◆ Assignment ◆
Repeat exactly the lines from the first line of the records through the line containing "label_entries (LabelsInput.array es) = es", and nothing more.

◆ Entries provided ◆

-- ===== src/Registry/Labels.antt =====
-- `normalizeLabels` of admin-web/src/routes/certificate-routes.js.
use mqtt_trust_gateway.Base.{
  String, true, false, Option, none, some, List, [], ◌∷◌, map, ◌===◌, if◌then◌else◌, any, take,
  take_text, split_text, trim,
}
use mqtt_trust_gateway.Db.{Label}

-- An entry is a text, or an object with the two fields; a name that is missing reads as empty.
pub data LabelEntry : Type 0 where
  text : String → LabelEntry
  object : String → Option String → LabelEntry

pub data LabelsInput : Type 0 where
  array : List LabelEntry → LabelsInput
  text : String → LabelsInput

abbrev pub label_colors : List String
label_colors =
    "primary" ∷ "blue" ∷ "teal" ∷ "green" ∷ "amber" ∷ "orange" ∷ "red" ∷ "purple" ∷ "grey" ∷ []

abbrev pub entry_name : LabelEntry → String
entry_name (LabelEntry.text s) = s
entry_name (LabelEntry.object name color) = name

abbrev pub entry_color : LabelEntry → String
entry_color (LabelEntry.text s) = "primary"
entry_color (LabelEntry.object name none) = "primary"
entry_color (LabelEntry.object name (some color)) =
    if any (λ (c : String). c === color) label_colors then color else "primary"

abbrev pub label_entries : LabelsInput → List LabelEntry
label_entries (LabelsInput.array es) = es
label_entries (LabelsInput.text s) = map (λ t. LabelEntry.text t) (split_text b',' s)

abbrev pub entry_label : LabelEntry → Label
entry_label e = record { name = take_text 40 (trim (entry_name e)); color = entry_color e }

-- The map `unique`, newest last; `seen` are its keys.
unfoldable pub unique_labels :
    (lower : String → String) → List String → List LabelEntry → List Label
unique_labels lower seen [] = []
unique_labels lower seen (e ∷ es) =
    let l = entry_label e in
    let key = lower l.name in
    let skip = if l.name === "" then true else any (λ (k : String). k === key) seen in
    elim skip [
      | true ↦ unique_labels lower seen es
      | false ↦ l ∷ unique_labels lower (key ∷ seen) es
    ]

unfoldable pub normalize_labels : (lower : String → String) → LabelsInput → List Label
normalize_labels lower input = take 20 (unique_labels lower [] (label_entries input))
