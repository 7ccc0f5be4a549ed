-- ===== src/Registry/Routes.antt =====
-- The device routes. A route takes the body that it reads and the state, and returns its answer and
-- the state that it leaves; where the source returns before `saveDb`, nothing changes.
use Prim.Native.String.{◌++◌ as ◌<>◌}
use mathlib.Core.Bool.{beq}
use mqtt_trust_gateway.Base.{
  ℕ, ◌+◌, String, Bool, true, false, ◌&&◌, ◌||◌, not, Option, none, some, List, [], ◌∷◌, ◌++◌, map,
  leb, ◌===◌, if◌then◌else◌, any, filter, take_text, ok, err,
}
use mqtt_trust_gateway.Db.{Db, Device, DeviceStatus, Certificate, CertificateStatus}
use mqtt_trust_gateway.Broker.{
  Gateway, Context, allowed_device_id, is_active, is_archived, is_active_certificate, stage_broker,
  log_action,
}
use mqtt_trust_gateway.Registry.Labels.{LabelsInput, normalize_labels}
use mqtt_trust_gateway.Registry.{
  Response, done, refused, thrown, Openssl, device_record, update_device, archive_device_record,
  restore_device_record, is_internal, has_usable_credential, is_tombstoned,
  permanently_delete_device,
}

-- A missing name or description reads as the empty text.
pub record DeviceBody : Type 0 where
  pub id : String
  pub name : String
  pub description : String
  pub labels : LabelsInput

pub record PatchBody : Type 0 where
  pub name : Option String
  pub description : Option String
  pub labels : Option LabelsInput
  pub enabled : Option Bool

abbrev pub new_device : Context → DeviceBody → Device
new_device x body = record {
  id = body.id;
  name = take_text 100 (if body.name === "" then body.id else body.name);
  description = take_text 1000 body.description;
  labels = normalize_labels x.lower body.labels;
  enabled = false;
  trusted = false;
  status = DeviceStatus.active;
  created_at = x.now;
  archived_at = none;
  scheduled_deletion_at = none;
  approved_at = none;
  approved_by = none;
}

-- `POST /api/devices`
unfoldable pub create_device : Context → DeviceBody → Gateway → Response × Gateway
create_device x body g =
    let id = body.id in
    if not (allowed_device_id id)
    then (refused 400 "Invalid or reserved identifier", g)
    else if any (λ (d : Device). d.id === id) g.db.devices || is_tombstoned g.db id
    then (refused 409 "Device already exists", g)
    else let saved : Gateway = record g {
      db = record (g.db) { devices = g.db.devices ++ new_device x body ∷ [] };
    } in
      (done 201, log_action x "device.created" id saved)

abbrev pub patch_name : Option String → Device → Device
patch_name none d = d
patch_name (some name) d = record d { name = take_text 100 name }

abbrev pub patch_description : Option String → Device → Device
patch_description none d = d
patch_description (some s) d = record d { description = take_text 1000 s }

abbrev pub patch_labels : (String → String) → Option LabelsInput → Device → Device
patch_labels lower none d = d
patch_labels lower (some ls) d = record d { labels = normalize_labels lower ls }

abbrev pub patch_access : Option Bool → Device → Device
patch_access none d = d
patch_access (some e) d = record d { enabled = e; trusted = e }

abbrev pub patch_metadata : Context → PatchBody → Device → Device
patch_metadata x body d =
    patch_labels x.lower body.labels (patch_description body.description (patch_name body.name d))

abbrev pub access_changed : Option Bool → Device → Bool
access_changed none d = false
access_changed (some e) d = not (beq d.enabled e) || not (beq d.trusted e)

abbrev pub asks_to_enable : Option Bool → Bool
asks_to_enable none = false
asks_to_enable (some e) = e

abbrev pub patch_action : Bool → Bool → String
patch_action true true = "device.authorization_enabled"
patch_action true false = "device.authorization_disabled"
patch_action false enabled = "device.metadata_updated"

-- `PATCH /api/devices/:id`
unfoldable pub patch_device : Context → String → PatchBody → Gateway → Response × Gateway
patch_device x id body g = elim (device_record g.db id) [
  | none ↦ (refused 404 "Device not found", g)
  | some d ↦
      if not (is_active d.status)
      then (refused 409 "Archived devices must be restored before changes", g)
      else if asks_to_enable body.enabled && not (has_usable_credential x.now g.db d.id)
      then (
        refused 409
            "Cannot authorize this identity without a valid, trusted, unrevoked certificate",
        g,
      )
      else let changed = access_changed body.enabled d in
        let d' = patch_access body.enabled (patch_metadata x body d) in
        let saved : Gateway = record g { db = update_device id (λ _. d') g.db } in
        let staged = if changed then stage_broker x true (x.uuid 0) saved else saved in
        (done 200, log_action x (patch_action changed d'.enabled) d.id staged)
]

abbrev pub is_archived_reason : Option String → Bool
is_archived_reason none = false
is_archived_reason (some r) = r === "identity-archived"

-- the loop that blocks the active certificates
abbrev pub block_archived : ℕ → String → Certificate → Certificate
block_archived now id c =
    if (c.device_id === id) && is_active_certificate c.status
    then record c {
      status = CertificateStatus.blocked;
      block_reason = some "identity-archived";
      revoked_at = some now;
    }
    else c

abbrev pub to_revoke : String → Certificate → Bool
to_revoke id c = (c.device_id === id) && is_archived_reason c.block_reason && is_internal c.issuer

pub record Revoked : Type 0 where
  pub finished : Bool
  pub certificates : List Certificate
  pub crl : List String

-- The loop that revokes them: it stops at the first that OpenSSL refuses, and what was done is saved.
unfoldable pub revoke_archived : Openssl → String → List Certificate → List String → Revoked
revoke_archived ssl id [] crl = record { finished = true; certificates = []; crl = crl }
revoke_archived ssl id (c ∷ cs) crl = elim (to_revoke id c) [
  | false ↦ let r = revoke_archived ssl id cs crl in record r { certificates = c ∷ r.certificates }
  | true ↦ elim (ssl crl c) [
    | none ↦ record { finished = false; certificates = c ∷ cs; crl = crl }
    | some crl' ↦
        let r = revoke_archived ssl id cs crl' in
        record r { certificates = record c { status = CertificateStatus.revoked } ∷ r.certificates }
  ]
]

-- what is saved before the first call of `syncBroker`
abbrev pub archived_db : ℕ → String → Device → Db → Db
archived_db now id d' db = record (update_device id (λ _. d') db) {
  certificates = map (block_archived now id) db.certificates;
}

unfoldable pub finish_archive : Context → Openssl → String → Gateway → Response × Gateway
finish_archive x ssl id staged =
    let r = revoke_archived ssl id staged.db.certificates staged.crl in
    let saved : Gateway = record staged {
      db = record (staged.db) { certificates = r.certificates };
      crl = r.crl;
    } in
    if r.finished
    then (done 200, log_action x "device.archived" id (stage_broker x true (x.uuid 1) saved))
    else (thrown 500 "revocation failed", saved)

-- `POST /api/devices/:id/archive`
unfoldable pub archive_device :
    Context → Openssl → (id confirm : String) → Gateway → Response × Gateway
archive_device x ssl id confirm g = elim (device_record g.db id) [
  | none ↦ (refused 404 "Device not found", g)
  | some d ↦
      if not (confirm === d.id)
      then (refused 400 "Confirm by entering the exact device identifier", g)
      else if not (is_active d.status)
      then (refused 409 "Device is not active", g)
      else elim (archive_device_record x.now d) [
        | err c m ↦ (thrown c m, g)
        | ok (_, d') ↦
            let saved : Gateway = record g { db = archived_db x.now id d' g.db } in
            finish_archive x ssl id (stage_broker x true (x.uuid 0) saved)
      ]
]

-- `POST /api/devices/:id/restore`
unfoldable pub restore_device : Context → String → Gateway → Response × Gateway
restore_device x id g = elim (device_record g.db id) [
  | none ↦ (refused 404 "Device not found", g)
  | some d ↦ elim (restore_device_record d) [
    | err c m ↦ (refused 409 m, g)
    | ok d' ↦
        let saved : Gateway = record g { db = update_device id (λ _. d') g.db } in
        let staged = stage_broker x true (x.uuid 0) saved in
        (done 200, log_action x "device.restored_pending_approval" id staged)
  ]
]

-- `POST /api/devices/:id/approve`
unfoldable pub approve_device : Context → (id confirm : String) → Gateway → Response × Gateway
approve_device x id confirm g = elim (device_record g.db id) [
  | none ↦ (refused 404 "Active device not found", g)
  | some d ↦
      if not (is_active d.status)
      then (refused 404 "Active device not found", g)
      else if not (confirm === d.id)
      then (refused 400 "Confirm approval by entering the exact device identifier", g)
      else if not (has_usable_credential x.now g.db d.id)
      then (
        refused 409
            "Cannot authorize this identity without a valid, trusted, unrevoked certificate",
        g,
      )
      else let d' : Device = record d {
        enabled = true;
        trusted = true;
        approved_at = some x.now;
        approved_by = some x.actor;
      } in
        let saved : Gateway = record g { db = update_device id (λ _. d') g.db } in
        (done 200, log_action x "device.approved" d.id (stage_broker x true (x.uuid 0) saved))
]

-- `DELETE /api/devices/:id`
unfoldable pub delete_device :
    Context → Openssl → (id confirm : String) → Gateway → Response × Gateway
delete_device x ssl id confirm g =
    if not (confirm === ("DELETE " <> id))
    then (refused 400 "Type DELETE and the exact device identifier to confirm", g)
    else if not (any (λ (d : Device). d.id === id) g.db.devices)
    then (refused 404 "Device not found", g)
    else (done 200, (permanently_delete_device x ssl (x.uuid 0) id x.actor true g).1)

abbrev pub is_due : ℕ → Device → Bool
is_due now d =
    is_archived d.status && (elim d.scheduled_deletion_at [ none ↦ false | some t ↦ leb t now ])

-- the loop of `purgeExpiredArchives`
unfoldable pub purge : Context → Openssl → ℕ → List Device → Gateway → Gateway
purge x ssl i [] g = g
purge x ssl i (d ∷ ds) g =
    purge x ssl (i + 1) ds
      (permanently_delete_device x ssl (x.uuid i) d.id "system:archive-expiry" false g).1

unfoldable pub purge_expired_archives : Context → Openssl → Gateway → Gateway
purge_expired_archives x ssl g = purge x ssl 0 (filter (is_due x.now) g.db.devices) g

◆ Expected output ◆
-- ===== src/Registry/Labels.antt =====
-- `normalizeLabels` of admin-web/src/routes/certificate-routes.js.
use mqtt_trust_gateway.Base.{
  String, true, false, Option, none, some, List, [], ◌∷◌, map, ◌===◌, if◌then◌else◌, any, take,
  take_text, split_text, trim,
}
use mqtt_trust_gateway.Db.{Label}

-- An entry is a text, or an object with the two fields; a name that is missing reads as empty.
pub data LabelEntry : Type 0 where
  text : String → LabelEntry
  object : String → Option String → LabelEntry

pub data LabelsInput : Type 0 where
  array : List LabelEntry → LabelsInput
  text : String → LabelsInput

abbrev pub label_colors : List String
label_colors =
    "primary" ∷ "blue" ∷ "teal" ∷ "green" ∷ "amber" ∷ "orange" ∷ "red" ∷ "purple" ∷ "grey" ∷ []

abbrev pub entry_name : LabelEntry → String
entry_name (LabelEntry.text s) = s
entry_name (LabelEntry.object name color) = name

abbrev pub entry_color : LabelEntry → String
entry_color (LabelEntry.text s) = "primary"
entry_color (LabelEntry.object name none) = "primary"
entry_color (LabelEntry.object name (some color)) =
    if any (λ (c : String). c === color) label_colors then color else "primary"

abbrev pub label_entries : LabelsInput → List LabelEntry
label_entries (LabelsInput.array es) = es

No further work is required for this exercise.